To be considered a bank, you have to be chartered as such by the Federal Reserve. S&Ls and credit unions are chartered too, but their charters are different. There used to be two kinds of banks, commercial banks and investment banks but, some time ago, the laws were changed so that one bank can be both things. After the last financial crisis, when some of the biggest banks had to be bailed out, there was some talk about re-separating the commercial banks from the investment banks, but I don't think that anything ever came of it. For people like you and me, there is no significant difference between an S&L or credit union and a bank. They all take in deposits, loan out money, and provide checking accounts. If we were big shot wheeler dealers, we would be more likely to use banks than the other things. I'm not sure why, but it probably has something to do with the size of the loans they provide and their intended purpose. If we were borrowing millions of dollars to buy out another company, we would need to go to a bank while, if we just want to buy a house or a car, our local credit union would do just fine.

Although our current government is far from perfect, most of us right wing nuts believe that you guys want to make it worse, not better. Therefore, gridlock is better than sliding further down the slippery slope to totalitarian socialism. I suppose it might be possible to slide back up the slope too, but that's not likely to happen any time soon. It's like somebody said in Alice in Wonderland, "These days you have to run as fast as you can just to stay in the same place."
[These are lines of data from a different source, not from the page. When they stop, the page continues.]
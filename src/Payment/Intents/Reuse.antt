-- ===== src/Payment/Intents/Reuse.antt =====
-- A payment request whose idempotency key is taken (services/payment_executor/intents.py).
use mathlib.Core.Path.{subst}
use pactra.Base.{
  Text, Moment, ◌≡◌, refl, ◌∙◌, sym, ap, inl, inr, false, Option, none, some, ◌==◌, find,
  Bool-cases, arith, if◌then◌else◌,
}
use pactra.Action.{Result, ok, raised, ◌>>=◌, >>=-ok}
use pactra.Domain.{Failure}
use pactra.Kernel.Capability.{CapabilitySet}
use pactra.Kernel.Transaction.{Crypto, BoundTransaction}
use pactra.Kernel.Authorization.Rows.{AuthorizationRow}
use pactra.Payment.Rows.{PaymentIntentRow}
use pactra.Payment.Tables.{MissionRow, Tables, Untouched}
use pactra.Payment.Intents.Create.{
  append_event, has_key, resolve_existing, request_fingerprint, PaymentIntentResult,
  resolve_or_place, create_payment_intent,
}
use pactra.Payment.Intents.Examined.{examine-Found, examine-Reads}

-- What a request is answered whose key is held by `existing`.
abbrev pub held_answer : PaymentIntentRow → Text → Result PaymentIntentResult
held_answer existing fingerprint =
    if existing.request_fingerprint == fingerprint
    then ok (record { intent = existing; created = false })
    else raised Failure.idempotency_conflict

pub resolve_existing-answer :
    (c : Crypto) (e : PaymentIntentRow) (fingerprint key : Text) (t : Tables)
    → ((resolve_existing c e fingerprint key t).0 ≡ held_answer e fingerprint)
      × Untouched t (resolve_existing c e fingerprint key t).1
unfolding resolve_existing append_event ◌>>=◌
resolve_existing-answer c e fingerprint key t =
    elim (Bool-cases (e.request_fingerprint == fingerprint)) [
      | inl same ↦ rw same (
        refl,
        record {
          intents = refl;
          missions = refl;
          outbox = refl;
          webhook_events = refl;
          authorizations = refl;
        },
      )
      | inr other ↦ rw other (
        refl,
        record {
          intents = refl;
          missions = refl;
          outbox = refl;
          webhook_events = refl;
          authorizations = refl;
        },
      )
    ]

pub resolve_or_place-held :
    (c : Crypto) (others : Tables → Tables) (au : AuthorizationRow) (key provider : Text)
    (tx : BoundTransaction) (m : MissionRow) (now : Moment) (o : Option PaymentIntentRow)
    (e : PaymentIntentRow) (t : Tables)
    → o ≡ some e
    → ((resolve_or_place c others au key provider tx m now o t).0
        ≡ held_answer e (
            request_fingerprint c au.mission_id au.authorization_id au.transaction_digest tx
              provider))
      × Untouched t (resolve_or_place c others au key provider tx m now o t).1
unfolding resolve_or_place
resolve_or_place-held c others au key provider tx m now none e t h = cc
resolve_or_place-held c others au key provider tx m now (some e') e t h =
    let same : e' ≡ e = ground arith in rw same (resolve_existing-answer c e _ key t)

-- An answer that a request with a held key gets.
pub held_answer-ok :
    (e : PaymentIntentRow) (fingerprint : Text) (r : PaymentIntentResult)
    → held_answer e fingerprint ≡ ok r
    → (r.intent ≡ e) × (r.created ≡ false) × (e.request_fingerprint ≡ fingerprint)
held_answer-ok e fingerprint r h = elim (Bool-cases (e.request_fingerprint == fingerprint)) [
  | inl same ↦
      let answered : ok (record { intent = e; created = false }) ≡ ok r = rw same at h in
      (ground arith, ground arith, ground arith)
  | inr other ↦ absurd (ground arith)
]

module _ (c : Crypto) (caps : CapabilitySet) (others : Tables → Tables) (m a key provider : Text)
    (now : Moment) where
  -- If the idempotency key of a payment request is held by an intent and the request returns, then
  -- it returns that very intent, as not created; and
  -- no intent, mission, outbox event, webhook event or authorization has changed, so nothing was
  -- consumed.
  pub create_payment_intent-reuses :
      (t : Tables) (e : PaymentIntentRow) {r : PaymentIntentResult}
      → find (has_key key) t.intents ≡ some e
      → (create_payment_intent c caps others m a key provider now t).0 ≡ ok r
      → (r.intent ≡ e)
        × (r.created ≡ false)
        × Untouched t (create_payment_intent c caps others m a key provider now t).1
  unfolding create_payment_intent
  create_payment_intent-reuses t e {r} held h =
      let (x, examined, step) = >>=-ok _ _ t h in
      let facts = examine-Found c caps m a key now t examined in
      let same = (examine-Reads c caps m a key now).at t x examined in
      let existing : x.existing ≡ some e = sym facts.looked_up ∙ held in
      let (answered, untouched) =
        resolve_or_place-held c others x.authorization key provider x.transaction x.mission now
          x.existing e t existing in
      let step' =
        step
        ∙ ap
            (λ u.
              resolve_or_place c others x.authorization key provider x.transaction x.mission now
                x.existing u)
            same in
      let (intent, old, _) = held_answer-ok e _ r (sym answered ∙ ap (λ q. q.0) (sym step') ∙ h) in
      (intent, old, subst (λ q. Untouched t q.1) (sym step') untouched)
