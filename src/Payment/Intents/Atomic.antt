-- ===== src/Payment/Intents/Atomic.antt =====
-- The savepoint of a payment request (services/payment_executor/intents.py).
use pactra.Base.{⊤, Text, Moment, ◌+◌, ◌≡◌, refl, inl, inr, Bool, false, none, find, Option-cases}
use pactra.Action.{Result, ok, raised, continue, ◌>>=◌}
use pactra.Domain.{Failure}
use pactra.Kernel.Transaction.{Crypto, BoundTransaction}
use pactra.Payment.Rows.{PaymentIntentRow}
use pactra.Payment.Tables.{MissionRow, Tables, Untouched, Untouched-trans}
use pactra.Payment.Intents.Create.{
  find_by_idempotency_key, has_key, PaymentIntentResult, resolve_existing, end_savepoint, savepoint,
  fresh, conclude, place_or_resolve,
}
use pactra.Payment.Intents.Reuse.{resolve_existing-answer}

abbrev pub is_created : Result PaymentIntentResult → Bool
is_created (ok r) = r.created
is_created (raised e) = false

-- The tables when an identifier has been drawn for the new row.
abbrev pub drawn : Tables → Tables
drawn t = record t { next_uuid = t.next_uuid + 1 }

resolve_existing-Untouched :
    (c : Crypto) (e : PaymentIntentRow) (fingerprint key : Text) (t : Tables)
    → Untouched t (resolve_existing c e fingerprint key t).1
resolve_existing-Untouched c e fingerprint key t = (resolve_existing-answer c e fingerprint key t).1

-- A violated index is resolved without a change.
conclude-Untouched :
    (c : Crypto) (i : PaymentIntentRow) (t u : Tables)
    → Untouched t u
    → Untouched t (conclude c i none u).1
unfolding conclude find_by_idempotency_key ◌>>=◌
conclude-Untouched c i t u k = elim (Option-cases (find (has_key i.idempotency_key) u.intents)) [
  | inl gone ↦ rw gone k
  | inr (winner, won) ↦ rw won (
      Untouched-trans t u _ k
        (resolve_existing-Untouched c winner i.request_fingerprint i.idempotency_key u))
]

rolled : (before after : Tables) → Untouched before (record before { next_uuid = after.next_uuid })
rolled before after = record {
  intents = refl;
  missions = refl;
  outbox = refl;
  webhook_events = refl;
  authorizations = refl;
}

module _ (c : Crypto) (i : PaymentIntentRow) where
  -- A savepoint that was rolled back is as it was before.
  ended-Untouched :
      (r : Result ⊤) (before after : Tables)
      → is_created
          (continue
            (end_savepoint r before after).0
            (conclude c i)
            (end_savepoint r before after).1).0
        ≡ false
      → Untouched before
          (continue
            (end_savepoint r before after).0
            (conclude c i)
            (end_savepoint r before after).1).1
  unfolding end_savepoint conclude ◌>>=◌
  ended-Untouched (ok u) before after h = absurd (cc)
  ended-Untouched (raised Failure.integrity_error) before after h =
      conclude-Untouched c i before (record before { next_uuid = after.next_uuid })
        (rolled before after)
  ended-Untouched (raised _) before after h = rolled before after

module _ (c : Crypto) (others : Tables → Tables) (row : Text → PaymentIntentRow)
    (tx : BoundTransaction) (mission : MissionRow) (now : Moment) where
  -- A verified payment request that does not return a new intent, because it raises at any point
  -- or because another request has won its key, leaves every intent, mission, outbox event,
  -- webhook event and authorization as the other transactions have left them: no authorization is
  -- consumed without its intent.
  pub place_or_resolve-atomic :
      (t : Tables)
      → is_created (place_or_resolve c others row tx mission now t).0 ≡ false
      → Untouched (others (drawn t)) (place_or_resolve c others row tx mission now t).1
  unfolding place_or_resolve fresh savepoint ◌>>=◌
  place_or_resolve-atomic t h = ended-Untouched c (row t.next_uuid) _ (others (drawn t)) _ h
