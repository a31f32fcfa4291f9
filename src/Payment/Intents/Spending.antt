-- ===== src/Payment/Intents/Spending.antt =====
-- The payment intent that a request creates (services/payment_executor/intents.py).
use mathlib.Core.Path.{subst}
use pactra.Base.{
  ⊤, Text, Moment, ◌≤◌, ◌≡◌, refl, ◌∙◌, sym, ap, inl, inr, some, List, [], ◌∷◌, ◌++◌, find, count,
  arith, update_where, Bool-cases,
}
use pactra.Action.{Result, ok, ◌>>=◌, >>=-ok}
use pactra.Domain.{MissionState}
use pactra.Mission
use pactra.Kernel.Transaction.{Crypto, BoundTransaction}
use pactra.Kernel.Authorization.Rows.{AuthorizationRow, consumed, has_id}
use pactra.Kernel.Authorization.Lifecycle.{consume_authorization}
use pactra.Kernel.Authorization.Verdict.{consume_authorization-row, consume_authorization-verdict}
use pactra.Kernel.Authorization.History.{verdict-consumed}
use pactra.Payment.State.{queued, assert_payment_transition}
use pactra.Payment.Rows.{PaymentIntentRow, OutboxEventRow, OutboxEventType}
use pactra.Payment.Outbox.{new_event}
use pactra.Payment.Tables.{MissionRow, Tables, is_intent}
use pactra.Payment.Intents.Create.{
  in_kernel, append_event, has_key, collides, insert_intent, queue_intent, enqueue_create,
  start_payment, announce, place_intent,
}

-- What the announcement of an intent leaves.
record Announced (i : PaymentIntentRow) (s t : Tables) : Type 0 where
  intents : t.intents ≡ update_where (is_intent i.id) (λ j. record j { state = queued }) s.intents
  authorizations : t.store.authorizations ≡ s.store.authorizations
  enqueued :
      (e : OutboxEventRow) × (t.outbox ≡ s.outbox ++ e ∷ [])
      × (e.payment_intent_id ≡ i.id)
      × (e.event_type ≡ OutboxEventType.payment_create_requested)

announce-Announced :
    (i : PaymentIntentRow) (tx : BoundTransaction) (m : MissionRow) (now : Moment) (s : Tables)
    → Announced i s (announce i tx m now s).1
unfolding announce queue_intent append_event enqueue_create start_payment new_event ◌>>=◌
    assert_payment_transition pactra.Payment.State.can_transition
announce-Announced i tx m now s =
    elim (Bool-cases (Mission.can_transition m.state MissionState.payment_pending)) [
      | inl starts ↦
          rw starts
            (record { intents = refl; authorizations = refl; enqueued = (_, refl, refl, refl) })
      | inr stays ↦
          rw stays
            (record { intents = refl; authorizations = refl; enqueued = (_, refl, refl, refl) })
    ]

insert_intent-state :
    (i : PaymentIntentRow) (t : Tables) {u : ⊤}
    → (insert_intent i t).0 ≡ ok u
    → (insert_intent i t).1 ≡ record t { intents = i ∷ t.intents }
unfolding insert_intent ◌>>=◌
insert_intent-state i t h = elim (Bool-cases (collides i t.intents)) [
  | inl taken ↦ absurd (ground arith)
  | inr free ↦ rw free refl
]

-- What a savepoint that was released has written.
pub record Placed (i : PaymentIntentRow) (t u : Tables) : Type 0 where
  pub spent :
      count (has_id i.authorization_id) t.store.authorizations ≤ 1
      → (row : AuthorizationRow) × (find (has_id i.authorization_id) u.store.authorizations
          ≡ some row)
        × (row.status ≡ consumed)
  pub recorded : find (has_key i.idempotency_key) u.intents ≡ some (record i { state = queued })
  pub enqueued :
      (e : OutboxEventRow) × (u.outbox ≡ t.outbox ++ e ∷ [])
      × (e.payment_intent_id ≡ i.id)
      × (e.event_type ≡ OutboxEventType.payment_create_requested)

first_row :
    (i : PaymentIntentRow) (rows : List PaymentIntentRow)
    → find
        (has_key i.idempotency_key)
        (update_where (is_intent i.id) (λ j. record j { state = queued }) (i ∷ rows))
      ≡ some (record i { state = queued })
first_row i rows = ground arith

consumption :
    (c : Crypto) (k : Text) (tx : BoundTransaction) (now : Moment) (t : Tables)
    {row : AuthorizationRow}
    → (consume_authorization c k tx now t.store).0 ≡ ok row
    → count (has_id k) t.store.authorizations ≤ 1
    → (r : AuthorizationRow) × (find
          (has_id k)
          (consume_authorization c k tx now t.store).1.authorizations
        ≡ some r)
      × (r.status ≡ consumed)
consumption c k tx now t {row} h keyed = (
  row,
  consume_authorization-row c k now t.store keyed tx row h,
  verdict-consumed c tx now (find (has_id k) t.store.authorizations) row
      (rw (consume_authorization-verdict c k now t.store keyed tx) at h),
)

pub place_intent-Placed :
    (c : Crypto) (i : PaymentIntentRow) (tx : BoundTransaction) (m : MissionRow) (now : Moment)
    (t : Tables) {u : ⊤}
    → (place_intent c i tx m now t).0 ≡ ok u
    → Placed i t (place_intent c i tx m now t).1
unfolding place_intent in_kernel
place_intent-Placed c i tx m now t h =
    let (_, inserted, step1) = >>=-ok _ _ t h in
    let there = insert_intent-state i t inserted in
    let (row, done, step2) = >>=-ok _ _ (insert_intent i t).1 (rw step1 at h) in
    let consume = in_kernel (consume_authorization c i.authorization_id tx now) in
    let t1 = record t { intents = i ∷ t.intents } in
    let final = step1 ∙ step2 ∙ ap (λ s. announce i tx m now (consume s).1) there in
    let a = announce-Announced i tx m now (consume t1).1 in
    let done' : (consume t1).0 ≡ ok row = rw there at done in
    subst (λ (q : Result ⊤ × Tables). Placed i t q.1) (sym final)
      (record {
        spent = λ keyed.
            let (r, f, e) = consumption c i.authorization_id tx now t done' keyed in
            (r, rw a.authorizations f, e);
        recorded = rw a.intents (first_row i t.intents);
        enqueued = a.enqueued;
      })
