-- ===== src/Payment/Intents/Paying.antt =====
-- The whole of a payment request that creates an intent (services/payment_executor/intents.py).
use mathlib.Core.Path.{subst}
use pactra.Base.{
  ⊤, Text, Moment, ◌≡◌, refl, ◌∙◌, sym, ap, inl, inr, true, Option, none, some, find, arith,
  Option-cases,
}
use pactra.Action.{Result, ok, raised, continue, ◌>>=◌, >>=-ok}
use pactra.Domain.{Failure, MissionState}
use pactra.Mission
use pactra.Kernel.Capability.{CapabilitySet}
use pactra.Kernel.Transaction.{Crypto, BoundTransaction}
use pactra.Kernel.Authorization.Rows.{AuthorizationRow, active, has_id, bound_of}
use pactra.Kernel.Authorization.Binding.{Verified}
use pactra.Payment.State.{queued}
use pactra.Payment.Rows.{PaymentIntentRow}
use pactra.Payment.Tables.{MissionRow, Tables, is_mission}
use pactra.Payment.Intents.Create.{
  find_by_idempotency_key, has_key, expected_status, PaymentIntentResult, request_fingerprint,
  new_intent, end_savepoint, savepoint, fresh, conclude, place_or_resolve, resolve_or_place,
  create_payment_intent,
}
use pactra.Payment.Intents.Examined.{examine-Found, examine-Reads}
use pactra.Payment.Intents.Reuse.{resolve_existing-answer, held_answer-ok, resolve_or_place-held}
use pactra.Payment.Intents.Atomic.{drawn}
use pactra.Payment.Intents.Spending.{Placed, place_intent-Placed}

module _ (c : Crypto) (i : PaymentIntentRow) (before : Tables) (r : PaymentIntentResult) where
  -- A request that lost its key is not answered with a new intent.
  conclude-old : (t : Tables) → (conclude c i none t).0 ≡ ok r → r.created ≡ true → ⊥
  unfolding conclude find_by_idempotency_key ◌>>=◌
  conclude-old t h made = elim (Option-cases (find (has_key i.idempotency_key) t.intents)) [
    | inl gone ↦ absurd (cc (rw gone at h))
    | inr (winner, won) ↦
        let answered =
          (resolve_existing-answer c winner i.request_fingerprint i.idempotency_key t).0 in
        let (_, old, _) =
          held_answer-ok winner i.request_fingerprint r (sym answered ∙ rw won at h) in
        absurd (cc (made, old))
  ]

  released :
      (q : Result ⊤) (after : Tables)
      → ((u : ⊤) → q ≡ ok u → Placed i before after)
      → (continue
          (end_savepoint q before after).0
          (conclude c i)
          (end_savepoint q before after).1).0
        ≡ ok r
      → r.created ≡ true
      → (r.intent ≡ record i { state = queued })
        × Placed i before
            (continue
              (end_savepoint q before after).0
              (conclude c i)
              (end_savepoint q before after).1).1
  unfolding end_savepoint conclude ◌>>=◌
  released (ok u) after placed h made = (ground arith, placed u refl)
  released (raised Failure.integrity_error) after placed h made =
      absurd (conclude-old (record before { next_uuid = after.next_uuid }) h made)
  released (raised _) after placed h made = absurd (cc)

-- A new intent, and what it stands on: `t` are the tables before the request, `s` those that the
-- savepoint began with, and `u` those after it.
pub record Pays (c : Crypto) (m a key provider : Text) (now : Moment) (t s u : Tables)
    (i : PaymentIntentRow) : Type 0 where
  pub row : AuthorizationRow
  pub held : find (has_id a) t.store.authorizations ≡ some row
  pub belongs : row.mission_id ≡ m
  pub verified : Verified c row active now t.store.decisions (bound_of row)
  pub terms :
      (i.merchant_id ≡ row.bound_merchant_id)
      × (i.amount_inr ≡ row.bound_amount_inr)
      × (i.currency ≡ row.bound_currency)
      × (i.transaction_digest ≡ row.transaction_digest)
  pub names :
      (i.mission_id ≡ m)
      × (i.authorization_id ≡ row.authorization_id)
      × (i.idempotency_key ≡ key)
      × (i.provider ≡ provider)
      × (i.state ≡ queued)
  pub authorized :
      (mission : MissionRow) × (find (is_mission m) t.missions ≡ some mission)
      × (Mission.index mission.state ≡ Mission.index MissionState.authorized)
  pub placed : Placed i s u

module _ (c : Crypto) (caps : CapabilitySet) (others : Tables → Tables) (m a key provider : Text)
    (now : Moment) where
  place_or_resolve-Placed :
      (row : Text → PaymentIntentRow) (tx : BoundTransaction) (mission : MissionRow) (t : Tables)
      (r : PaymentIntentResult)
      → (place_or_resolve c others row tx mission now t).0 ≡ ok r
      → r.created ≡ true
      → (r.intent ≡ record (row t.next_uuid) { state = queued })
        × Placed
            (row t.next_uuid)
            (others (drawn t))
            (place_or_resolve c others row tx mission now t).1
  unfolding place_or_resolve fresh savepoint ◌>>=◌
  place_or_resolve-Placed row tx mission t r h made =
      released c (row t.next_uuid) (others (drawn t)) r _ _
        (λ u e. place_intent-Placed c (row t.next_uuid) tx mission now (others (drawn t)) e) h made

  new_row : AuthorizationRow → BoundTransaction → Text → PaymentIntentRow
  new_row au tx id =
      new_intent id au key
        (request_fingerprint c au.mission_id au.authorization_id au.transaction_digest tx provider)
        provider tx

  resolve_or_place-Placed :
      (au : AuthorizationRow) (tx : BoundTransaction) (mission : MissionRow)
      (o : Option PaymentIntentRow) (t : Tables) (r : PaymentIntentResult)
      → (resolve_or_place c others au key provider tx mission now o t).0 ≡ ok r
      → r.created ≡ true
      → (o ≡ none)
        × (r.intent ≡ record (new_row au tx t.next_uuid) { state = queued })
        × Placed
            (new_row au tx t.next_uuid)
            (others (drawn t))
            (resolve_or_place c others au key provider tx mission now o t).1
  unfolding resolve_or_place new_row
  resolve_or_place-Placed au tx mission none t r h made =
      let (same, placed) = place_or_resolve-Placed _ tx mission t r h made in (refl, same, placed)
  resolve_or_place-Placed au tx mission (some e) t r h made =
      let (_, old, _) = held_answer-ok e _ r (
        sym (resolve_or_place-held c others au key provider tx mission now (some e) e t refl).0
        ∙ h) in
      absurd (cc (made, old))

  -- A payment request that returns a new intent, with whatever other transactions commit before
  -- its savepoint: the authorization that it names was there, belongs to the mission, and passed
  -- every check of the verification before payment as an ACTIVE one; the mission was AUTHORIZED;
  -- merchant, amount, currency and digest of the intent are the authorization's, and mission, key
  -- and provider the request's; the intent is in the table under its key, in the state QUEUED;
  -- one outbox event that asks for its creation was added; and if the authorization's
  -- identifier stood at most once in the table when the savepoint began, the authorization is now
  -- CONSUMED.
  pub create_payment_intent-Pays :
      (t : Tables) {r : PaymentIntentResult}
      → (create_payment_intent c caps others m a key provider now t).0 ≡ ok r
      → r.created ≡ true
      → Pays c m a key provider now t
          (others (drawn t))
          (create_payment_intent c caps others m a key provider now t).1
          r.intent
  unfolding create_payment_intent new_row bound_of
  create_payment_intent-Pays t {r} h made =
      let (x, examined, step) = >>=-ok _ _ t h in
      let facts = examine-Found c caps m a key now t examined in
      let same = (examine-Reads c caps m a key now).at t x examined in
      let rest =
        resolve_or_place c others x.authorization key provider x.transaction x.mission now
          x.existing in
      let step' = step ∙ ap rest same in
      let (new, intent, placed) =
        resolve_or_place-Placed x.authorization x.transaction x.mission x.existing t r
          (sym (ap (λ q. q.0) step') ∙ h) made in
      let terms = facts.verified.terms in
      let verified : Verified c x.authorization active now t.store.decisions
          (bound_of x.authorization) =
        subst (Verified c x.authorization active now t.store.decisions) terms (
          subst
            (λ o.
              Verified c x.authorization (expected_status o a) now t.store.decisions x.transaction)
            new facts.verified) in
      subst
        (λ (q : Result PaymentIntentResult × Tables).
          Pays c m a key provider now t (others (drawn t)) q.1 r.intent)
        (sym step')
        (subst (Pays c m a key provider now t (others (drawn t)) (rest t).1) (sym intent) (record {
          row = x.authorization;
          held = facts.held;
          belongs = facts.belongs;
          verified = verified;
          terms = (
            ap (λ y. y.merchant_id) terms,
            ap (λ y. y.amount_inr) terms,
            ap (λ y. y.currency) terms,
            refl,
          );
          names = (facts.belongs, refl, refl, refl, refl);
          authorized = (x.mission, facts.mission, facts.ready new);
          placed = record {
            spent = placed.spent;
            recorded = placed.recorded;
            enqueued = placed.enqueued;
          };
        }))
Once before you challenged me to identify what time in political history I would like to go back to, and I couldn't do it. The best I could come up with was to say that it's not so much where you are as it is in what direction you are heading. Like back in the days when the ink was still wet on the constitution, they had slavery, but lots of people were working to abolish it, so there was reason to believe that the future would be better than the present. Nowadays, all we've got to look forward to is "another day older and deeper in debt".

Take poverty, for example. Lyndon Johnson declared the War on Poverty way back in the 60s. Since then, lots of money has been spent on numerous programs, but what has been gained? According to your own liberal people's statements, the gap between the rich and the poor is wider now than it has ever been, an increasingly smaller number of people have an increasingly larger share of the wealth, and the "middle class" is fading away. It looks like they are losing the War on Poverty, so what do they propose to do? Why, just spend more money on more programs! I think that, if it were possible to spend your way out of poverty, we would all be rich as kings by now.

So what do we do about all those poor people? You said something about feeding the poor, but all that does is perpetuate the cycle. Some of my conservative colleagues want to just cut them off cold turkey, but that won't work either. If you regularly put out food for birds or other wildlife, they become dependent on it and, if you suddenly cut them off in the middle of winter, a lot of them won't make it till spring. If you care about these creatures, but don't want them dependent on you, wait until summer when their natural food is abundant, and then wean them off gradually.

Since the War on Poverty was declared, I have watched the employment situation in this country slide steadily down hill. What they need to do first is restore the good paying jobs that we had in the 60s, then they can talk about getting people off of government assistance. Don't tell me that it can't be done, if they can put a man on the Moon they can do anything!